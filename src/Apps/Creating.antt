-- ===== src/Apps/Creating.antt =====
-- When `create` of waha-plus/src/apps/app_sdk/services/AppsEnabledService.ts succeeds.
use aira_relay.Base.{
  Bool, true, not, if◌then◌else◌, Option, none, some, is_some, List, [], ◌∷◌, ◌++◌, Text, text_eq,
  ◌≡◌, inl, inr, Bool-cases, refl, sym, ap, ◌∙◌, subst, arith,
}
use aira_relay.Base.Results.{internal, not_found, Result, ok, M, ◌>>=◌, ◌>>◌, require}
use aira_relay.Manager.Lifecycle.{bind_ok}
use aira_relay.Manager.Controller.{is_named}
use aira_relay.Apps.{chatwoot, calls, name_eq, App, AppsTable}
use aira_relay.Apps.Repository.{
  Hook, validate, before_created, Store, get_by_id, new_row, get_all_by_session,
}
use aira_relay.Apps.Service.{
  find_app, not_disabled, one_of_kind, Services, returns, in_store, is_null, call,
  check_session_exists, get_app_service, require_service, choose_id, existing_apps, create_hook,
  save_app, create_checked, create_found, create_app,
}
use aira_relay.Apps.Rows.{save_lem}

module _ (table : AppsTable) (services : Services) {S : Type 0} (exists : Text → M S Bool)
    (app : App) (kind : app.app ≡ calls) (there : services.calls_service ≡ true) where
  abbrev W : Type 0
  W = S × Store table

  -- The calls of the app's service for a creation.
  abbrev pub creation_hooks : List Hook
  creation_hooks = validate app ∷ (if not_disabled app.enabled then before_created app ∷ [] else [])

  abbrev called : Hook → W → W
  called h u = (u.0, record u.1 { hooks = u.1.hooks ++ (h ∷ []) })

  abbrev created_hook : W → W
  created_hook u = if not_disabled app.enabled then called (before_created app) u else u

  service_ok :
      (u : W)
      → ◌≡◌ {A = W × Result (Unit {0})} (require_service table services exists app.app u) (u, ok tt)
  unfolding require_service get_app_service
  service_ok u = rw (kind, there) refl

  valid_ok :
      (u : W)
      → ◌≡◌ {A = W × Result (Unit {0})}
          (call table services exists (validate app) u)
          (called (validate app) u, ok tt)
  unfolding call returns
  valid_ok u = rw kind refl

  hook_ok :
      (u : W)
      → ◌≡◌ {A = W × Result (Unit {0})}
          (create_hook table services exists app u)
          (created_hook u, ok tt)
  unfolding call returns
  hook_ok u = elim (Bool-cases (not_disabled app.enabled)) [
    | inl e ↦ rw (e, kind) refl
    | inr e ↦ rw e refl
  ]

  hook_rows : (u : W) → (created_hook u).1.rows ≡ u.1.rows
  hook_rows u = ground arith

  hook_state : (u : W) → (created_hook u).0 ≡ u.0
  hook_state u = ground arith

  require_ok :
      {A : Type 0} (b : Bool) (m : M W A) (u : W)
      → b ≡ true
      → ◌≡◌ {A = W × Result A} ((require b internal >> m) u) (m u)
  require_ok b m u h = rw h refl

  save_ok :
      (u : W)
      → table.first u.1.rows app.id ≡ none
      → (e : table.Rows) × ◌≡◌ {A = W × Result (Option App)}
          (save_app table services exists app u)
          ((u.0, record u.1 { rows = e }), ok (some app))
        × ((i : Text)
            → table.first e i
              ≡ (if text_eq app.id i then some (new_row app) else table.first u.1.rows i))
  unfolding save_app
  save_ok u free = let (e, s, rows) = save_lem table app u.1 free in (e, rw s refl, rows)

  abbrev Makes : table.Rows → S → W × Result (Option App) → Type 0
  Makes d s x =
      (x.1 ≡ ok (some app))
      × (x.0.0 ≡ s)
      × ((i : Text)
          → table.first x.0.1.rows i
            ≡ (if text_eq app.id i then some (new_row app) else table.first d i))

  save-Makes :
      (d : table.Rows) (u : W)
      → u.1.rows ≡ d
      → table.first d app.id ≡ none
      → Makes d u.0 (save_app table services exists app u)
  save-Makes d u h free =
      let (e, s, rows) = save_ok u (ap (λ x. table.first x app.id) h ∙ free) in
      subst (Makes d u.0) (sym s) (
        refl,
        refl,
        λ i. rows i ∙ ap (λ x. if text_eq app.id i then some (new_row app) else table.first x i) h,
      )

  checked-Makes :
      (u : W)
      → table.first u.1.rows app.id ≡ none
      → Makes u.1.rows u.0 (create_checked table services exists app u)
  unfolding create_checked
  checked-Makes u free =
      let save = save_app table services exists app in
      let hook = create_hook table services exists app in
      let valid = call table services exists (validate app) in
      let v = called (validate app) u in
      subst (Makes u.1.rows u.0)
        (sym (
          bind_ok (require_service table services exists app.app) (λ _. valid >> (hook >> save))
            (service_ok u)
          ∙ bind_ok valid (λ _. hook >> save) (valid_ok u)
          ∙ bind_ok hook (λ _. save) (hook_ok v)))
        (subst (λ s. Makes u.1.rows s (save (created_hook v))) (hook_state v)
          (save-Makes u.1.rows (created_hook v) (hook_rows v) free))

  found-Makes :
      (u : W)
      → table.first u.1.rows app.id ≡ none
      → find_app calls (get_all_by_session app.session u.1) ≡ none
      → Makes u.1.rows u.0 (create_found table services exists app u)
  unfolding create_found get_by_id name_eq
  found-Makes u free alone =
      let checked = create_checked table services exists app in
      let list = existing_apps table services exists app in
      let calls_check =
        λ (apps : List App). require (one_of_kind calls app apps) internal >> checked in
      let checks =
        λ (apps : List App). require (one_of_kind chatwoot app apps) internal >> calls_check apps in
      let new : not (is_some (get_by_id app.id u.1)) ≡ true = ground arith in
      let first : one_of_kind chatwoot app (list u.1) ≡ true = rw kind refl in
      let second : one_of_kind calls app (list u.1) ≡ true = rw (kind, alone) refl in
      subst (Makes u.1.rows u.0)
        (sym (
          require_ok (not (is_some (get_by_id app.id u.1)))
            (in_store table services exists list >>= checks) u new
          ∙ require_ok (one_of_kind chatwoot app (list u.1)) (calls_check (list u.1)) u first
          ∙ require_ok (one_of_kind calls app (list u.1)) checked u second))
        (checked-Makes u free)

  check_ok :
      (s t : S) (w : Store table) (found : Bool)
      → ◌≡◌ {A = S × Result Bool} (exists app.session s) (t, ok found)
      → ◌≡◌ {A = W × Result (Unit {0})}
          (check_session_exists table services exists app.session (s, w))
          ((t, w), ok tt)
  unfolding check_session_exists
  check_ok s t w found e =
      ap
        (λ (p : S × Result Bool).
          ((λ (u : W). ((p.0, w), p.1)) >>= λ session. require (not (is_null session)) not_found)
            (s, w))
        e

  choose_ok :
      (u : W)
      → is_named app.id ≡ true
      → ◌≡◌ {A = W × Result Text} (choose_id table services exists app.id u) (u, ok app.id)
  unfolding choose_id
  choose_ok u n = chosen app.id n
    where
      chosen :
          (id : Text)
          → is_named id ≡ true
          → ◌≡◌ {A = W × Result Text} (choose_id table services exists id u) (u, ok id)
      chosen [] h = absurd (ground arith)
      chosen (c ∷ id) h = refl

  -- An app for calls is created for any session, whether the session manager answers that the session
  -- exists or that it does not: when `exists` returns, the service of the app is there, the app has an
  -- id that is free, and the session has no app for calls. The row is that of the request, and no
  -- other row changes.
  pub create_app-calls :
      (s t : S) (w : Store table) (found : Bool)
      → ◌≡◌ {A = S × Result Bool} (exists app.session s) (t, ok found)
      → is_named app.id ≡ true
      → table.first w.rows app.id ≡ none
      → find_app calls (get_all_by_session app.session w) ≡ none
      → ((create_app table services exists app (s, w)).1 ≡ ok (some app))
        × ((create_app table services exists app (s, w)).0.0 ≡ t)
        × ((i : Text)
            → table.first (create_app table services exists app (s, w)).0.1.rows i
              ≡ (if text_eq app.id i then some (new_row app) else table.first w.rows i))
  unfolding create_app
  create_app-calls s t w found e n free alone =
      let choose = choose_id table services exists app.id in
      let found_as = λ (id : Text). create_found table services exists (record app { id = id }) in
      subst (Makes w.rows t)
        (sym (
          bind_ok (check_session_exists table services exists app.session)
            (λ _. choose >>= found_as) (check_ok s t w found e)
          ∙ bind_ok choose found_as (choose_ok (t, w) n)))
        (found-Makes (t, w) free alone)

TASK STATEMENT. Within the listing above, the range opens at the line with "let v = called (validate app) u in" and closes at the line with "λ (apps : List App). require (one_of_kind calls". Reproduce exactly the lines of that range, including both ends.

RESULT OF THIS TASK.
      let v = called (validate app) u in
      subst (Makes u.1.rows u.0)
        (sym (
          bind_ok (require_service table services exists app.app) (λ _. valid >> (hook >> save))
            (service_ok u)
          ∙ bind_ok valid (λ _. hook >> save) (valid_ok u)
          ∙ bind_ok hook (λ _. save) (hook_ok v)))
        (subst (λ s. Makes u.1.rows s (save (created_hook v))) (hook_state v)
          (save-Makes u.1.rows (created_hook v) (hook_rows v) free))

  found-Makes :
      (u : W)
      → table.first u.1.rows app.id ≡ none
      → find_app calls (get_all_by_session app.session u.1) ≡ none
      → Makes u.1.rows u.0 (create_found table services exists app u)
  unfolding create_found get_by_id name_eq
  found-Makes u free alone =
      let checked = create_checked table services exists app in
      let list = existing_apps table services exists app in
      let calls_check =
        λ (apps : List App). require (one_of_kind calls app apps) internal >> checked in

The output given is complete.